TASK DIRECTIONS → Within the material below, transcribe exactly the lines from the one holding "unfolding wait_for_bucket" through the one holding "rw (found, wait_for_bucket)", keeping both ends and skipping the rest.

ENTRIES SUPPLIED →
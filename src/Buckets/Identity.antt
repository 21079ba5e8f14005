-- ===== src/Buckets/Identity.antt =====
-- gateway/bucket_store.go: a store behaves as a function from names to limiters.
use sandwich_producer.Base.{
  ℕ, ℤ, ◌≡◌, refl, List, none, some, String, arith, ◌⊎◌, length, get_elem?, get_elem?-append_last,
  get_elem?-lt, get, get-put_self, string_key, str_eq, if◌then◌else◌, Option-cases, inl, inr,
  no_such_bucket,
}
use sandwich_producer.Limiter.Duration.{DefaultLimiter, new_duration_limiter, lock}
use sandwich_producer.Buckets.{
  BucketStore, write_bucket, create_bucket, lock_at, wait_of, wait_for_bucket,
  create_wait_for_bucket, Wait, refused,
}
use sandwich_producer.Buckets.View.{
  view, IsValid, lock_at_lem, write_bucket-IsValid, set-IsValid, view-set, view-write_bucket,
}

-- What a call that locks the limiter `l` of a name is to come to: the outcome of `lock`, a valid
-- store, and a view in which that limiter alone has changed.
pub record Locks (name : String) (l : DefaultLimiter) (clock : List ℤ) (bs : BucketStore)
    (r : Wait × BucketStore) : Type 0 where
  pub outcome : r.0 ≡ wait_of (lock clock l).0
  pub valid : IsValid r.1
  pub viewed :
      (j : String) → view r.1 j ≡ (if str_eq name j then some (lock clock l).1 else view bs j)

lock_at-Locks :
    {bs : BucketStore} (v : IsValid bs) (name : String) (a : ℕ) (l : DefaultLimiter)
    (clock : List ℤ)
    → get name bs.buckets ≡ some a
    → get_elem? bs.heap a ≡ some l
    → Locks name l clock bs (lock_at a clock bs)
lock_at-Locks {bs} v name a l clock e el = rw (lock_at_lem bs a l clock el) (record {
  outcome = refl;
  valid = set-IsValid v a (lock clock l).1;
  viewed = λ j. view-set v name j a (lock clock l).1 e;
})

-- The limiter that CreateWaitForBucket waits for: the name's, or a new one.
unfoldable pub limiter_of : BucketStore → String → ℤ → ℤ → DefaultLimiter
limiter_of bs name limit duration = elim (view bs name) [
  | some l ↦ l
  | none ↦ new_duration_limiter limit duration
]

module _ (bs : BucketStore) (name : String) where
  view-missing : get name bs.buckets ≡ none → view bs name ≡ none
  view-missing missing = rw (missing, view)

  view-found :
      (a : ℕ) (l : DefaultLimiter)
      → get name bs.buckets ≡ some a
      → get_elem? bs.heap a ≡ some l
      → view bs name ≡ some l
  view-found a l found el = rw (found, view) el

  limiter_of-found :
      (limit duration : ℤ) (l : DefaultLimiter)
      → view bs name ≡ some l
      → limiter_of bs name limit duration ≡ l
  unfolding limiter_of
  limiter_of-found limit duration l e = rw (limiter_of, e)

  limiter_of-missing :
      (limit duration : ℤ)
      → view bs name ≡ none
      → limiter_of bs name limit duration ≡ new_duration_limiter limit duration
  unfolding limiter_of
  limiter_of-missing limit duration e = rw (limiter_of, e)

  create_wait_found :
      (limit duration : ℤ) (clock : List ℤ) (a : ℕ)
      → get name bs.buckets ≡ some a
      → create_wait_for_bucket name limit duration clock bs ≡ lock_at a clock bs
  unfolding create_wait_for_bucket
  create_wait_found limit duration clock a found = rw (create_wait_for_bucket, found)

  create_wait_missing :
      (limit duration : ℤ) (clock : List ℤ)
      → get name bs.buckets ≡ none
      → create_wait_for_bucket name limit duration clock bs
        ≡ lock_at (length bs.heap) clock (write_bucket name limit duration bs)
  unfolding create_wait_for_bucket create_bucket
  create_wait_missing limit duration clock missing =
      rw (create_wait_for_bucket, missing, get-put_self name (length bs.heap) bs.buckets)

module _ {bs : BucketStore} (v : IsValid bs) (name : String) where
  write_bucket-Locks :
      (limit duration : ℤ) (clock : List ℤ)
      → Locks name
          (new_duration_limiter limit duration)
          clock
          bs
          (lock_at (length bs.heap) clock (write_bucket name limit duration bs))
  unfolding write_bucket
  write_bucket-Locks limit duration clock = record {
    outcome = made.outcome;
    valid = made.valid;
    viewed = λ j. ground (arith, made.viewed j, view-write_bucket v name j limit duration);
  }
    where
      made :
          Locks name
            (new_duration_limiter limit duration)
            clock
            (write_bucket name limit duration bs)
            (lock_at (length bs.heap) clock (write_bucket name limit duration bs))
      made =
          lock_at-Locks (write_bucket-IsValid v name limit duration) name (length bs.heap)
            (new_duration_limiter limit duration) clock
            (get-put_self name (length bs.heap) bs.buckets)
            (get_elem?-append_last bs.heap (new_duration_limiter limit duration))

  -- CreateWaitForBucket on a valid store locks the limiter of its name, a new one if there was none,
  -- keeps the store valid, and leaves the limiter of every other name as it was.
  pub create_wait_for_bucket-Locks :
      (limit duration : ℤ) (clock : List ℤ)
      → Locks name
          (limiter_of bs name limit duration)
          clock
          bs
          (create_wait_for_bucket name limit duration clock bs)
  create_wait_for_bucket-Locks limit duration clock = elim (Option-cases (get name bs.buckets)) [
    | inl missing ↦
        rw
          (
            create_wait_missing bs name limit duration clock missing,
            limiter_of-missing bs name limit duration (view-missing bs name missing),
          )
          (write_bucket-Locks limit duration clock)
    | inr (a, found) ↦
        let (l, el) = get_elem?-lt bs.heap a (v.in_heap name a found) in
        rw
          (
            create_wait_found bs name limit duration clock a found,
            limiter_of-found bs name limit duration l (view-found bs name a l found el),
          )
          (lock_at-Locks v name a l clock found el)
  ]

  -- WaitForBucket on a valid store refuses a name that has no limiter, and the store stays as it was;
  -- otherwise it locks the name's limiter as CreateWaitForBucket does.
  wait_for_bucket-Locks :
      (clock : List ℤ)
      → ((view bs name ≡ none) × (wait_for_bucket name clock bs ≡ (refused no_such_bucket, bs)))
        ⊎ ((l : DefaultLimiter) × (view bs name ≡ some l)
            × Locks name l clock bs (wait_for_bucket name clock bs))
  unfolding wait_for_bucket
  wait_for_bucket-Locks clock = elim (Option-cases (get name bs.buckets)) [
    | inl missing ↦ inl (view-missing bs name missing, rw (missing, wait_for_bucket) refl)
    | inr (a, found) ↦
        let (l, el) = get_elem?-lt bs.heap a (v.in_heap name a found) in
        inr (
          l,
          view-found bs name a l found el,
          rw (found, wait_for_bucket) (lock_at-Locks v name a l clock found el),
        )
  ]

EXERCISE ANSWER →
  unfolding wait_for_bucket
  wait_for_bucket-Locks clock = elim (Option-cases (get name bs.buckets)) [
    | inl missing ↦ inl (view-missing bs name missing, rw (missing, wait_for_bucket) refl)
    | inr (a, found) ↦
        let (l, el) = get_elem?-lt bs.heap a (v.in_heap name a found) in
        inr (
          l,
          view-found bs name a l found el,
          rw (found, wait_for_bucket) (lock_at-Locks v name a l clock found el),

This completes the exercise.